* [Problem] Use the entries below and reproduce exactly the lines from the one containing "-- What a completed" down to the one containing "left bundles ≡ ok result", both of them included.

* [Records for this task]
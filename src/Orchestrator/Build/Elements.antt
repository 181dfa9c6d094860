-- ===== src/Orchestrator/Build/Elements.antt =====
-- The elements of a `Map` node in tierkreis/src/orchestrator.rs: the input sets that
-- `build_initial_map_actions` fills, and the bundles that `build_completed_map_action` folds.
use mathlib.Core.List.{append_assoc, append-nil}
use tierkreis.Base.{
  ℕ, zero, suc, ◌≡◌, refl, sym, ◌∙◌, String, Bool, true, false, none, some, List, [], ◌∷◌, ◌++◌,
  arith, Outcome, ok, err, panic, ok-injective, if◌then◌else◌, Bool-cases, inl, inr, ◌==◌,
  string_eq, length, ltb,
}
use tierkreis.Base.Map.{Map, insert, get_or_default, get_or_default-insert}
use tierkreis.Location.{Location, map_index, with_node, with_map_index}
use tierkreis.Asset.{AssetSpec, Assets}
use tierkreis.State.Runtime.{read}
use tierkreis.Graph.{PortGraph}
use tierkreis.Orchestrator.Build.{Services}
use tierkreis.Orchestrator.Build.Nested.{insert_unfolded, push_outputs, bundle_outputs}

abbrev pub panics {ℓ} : {A : Type ℓ} → Outcome A → Bool
panics (ok a) = false
panics (err e) = false
panics panic = true

-- Putting the assets of a mapped port into the input sets panics exactly when there are more assets
-- than sets.
pub panics-insert_unfolded :
    (port : String) (assets : List AssetSpec) (input_sets : List Assets)
    → panics (insert_unfolded port assets input_sets) ≡ ltb (length input_sets) (length assets)
unfolding insert_unfolded
panics-insert_unfolded port [] input_sets = ground arith
panics-insert_unfolded port (asset ∷ assets) [] = ground arith
panics-insert_unfolded port (asset ∷ assets) (input_set ∷ input_sets) =
    ground (arith, panics-insert_unfolded port assets input_sets)

-- the assets of a name among the outputs of an element
abbrev pub values_of : String → Assets → List AssetSpec
values_of k [] = []
values_of k ((j, v) ∷ outputs) = let rest = values_of k outputs in if j == k then v ∷ rest else rest

push_outputs_lem :
    (k : String) (outputs : Assets) (bundles : Map String (List AssetSpec))
    → get_or_default [] (push_outputs outputs bundles) k
      ≡ get_or_default [] bundles k ++ values_of k outputs
unfolding push_outputs
push_outputs_lem k [] bundles = sym (append-nil (get_or_default [] bundles k))
push_outputs_lem k ((j, v) ∷ outputs) bundles =
    push_outputs_lem k outputs (insert bundles j (get_or_default [] bundles j ++ v ∷ []))
    ∙ elim (Bool-cases (j == k)) [
      | inl same ↦
          rw
            (
              get_or_default-insert [] bundles j k (get_or_default [] bundles j ++ v ∷ []),
              same,
              (string_eq.beq_iff j k).0 same,
            )
            (append_assoc (get_or_default [] bundles k) (v ∷ []) (values_of k outputs))
      | inr other ↦
          rw (get_or_default-insert [] bundles j k (get_or_default [] bundles j ++ v ∷ []), other)
            refl
    ]

module _ {P : PortGraph} {J W : Type 0} (env : Services P J W) (loc : Location)
    (output_node : ℕ) where
  -- the outputs that the element of an index has
  abbrev pub element_outputs : ℕ → Assets
  element_outputs index =
      elim (read env.run (with_node (loc ++ map_index index ∷ []) output_node) env.state) [
        | ok state ↦ elim state.outputs [ none ↦ [] | some outputs ↦ outputs ]
        | err e ↦ []
        | panic ↦ []
      ]

  -- the assets of a name that so many elements have, from an index on
  abbrev pub gathered : String → ℕ → ℕ → List AssetSpec
  gathered k index zero = []
  gathered k index (suc left) = values_of k (element_outputs index) ++ gathered k (suc index) left

  -- one element of the loop
  element_lem :
      (index left : ℕ) (bundles result : Map String (List AssetSpec))
      → bundle_outputs env loc output_node index (suc left) bundles ≡ ok result
      → bundle_outputs env loc output_node
          (suc index)
          left
          (push_outputs (element_outputs index) bundles)
        ≡ ok result
  unfolding bundle_outputs with_map_index
  element_lem index left bundles result h = ground (arith, h)

  -- What a completed `Map` node folds under a name are the assets that its elements have under that
  -- name, in the order of the elements, after those that were there before.
  pub bundle_outputs_lem :
      (k : String) (index left : ℕ) (bundles result : Map String (List AssetSpec))
      → bundle_outputs env loc output_node index left bundles ≡ ok result
      → get_or_default [] result k ≡ get_or_default [] bundles k ++ gathered k index left
  unfolding bundle_outputs
  bundle_outputs_lem k index zero bundles result h =
      rw (← ok-injective h) (sym (append-nil (get_or_default [] bundles k)))
  bundle_outputs_lem k index (suc left) bundles result h =
      bundle_outputs_lem k (suc index) left (push_outputs (element_outputs index) bundles) result
        (element_lem index left bundles result h)
      ∙ rw (push_outputs_lem k (element_outputs index) bundles) (
          append_assoc (get_or_default [] bundles k) (values_of k (element_outputs index))
            (gathered k (suc index) left))
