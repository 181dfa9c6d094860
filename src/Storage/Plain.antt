-- ===== src/Storage/Plain.antt =====
-- A JSON library for the examples: the values are numbers, one byte each.
use tierkreis.Base.{ℕ, refl, ok-injective, [], ◌∷◌, Outcome, ok, err, external}
use tierkreis.Storage.{Bytes, Json}
use tierkreis.Storage.Laws.{JsonLaws}

abbrev first : Bytes → Outcome ℕ
first [] = err external
first (b ∷ bytes) = ok b

abbrev pub plain_json : Json ℕ
plain_json = record {
  from_slice = first;
  to_vec = λ value. ok (value ∷ []);
  list_from_slice = λ bytes. ok bytes;
  list_to_vec = λ values. ok values;
}

pub plain_json_laws : JsonLaws plain_json
plain_json_laws = record {
  from_slice-to_vec = λ value b h. rw (← ok-injective h) refl;
  list_from_slice-list_to_vec = λ values b h. rw (ok-injective h) refl;
}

* [Task answer]
  -- What a completed `Map` node folds under a name are the assets that its elements have under that
  -- name, in the order of the elements, after those that were there before.
  pub bundle_outputs_lem :
      (k : String) (index left : ℕ) (bundles result : Map String (List AssetSpec))
      → bundle_outputs env loc output_node index left bundles ≡ ok result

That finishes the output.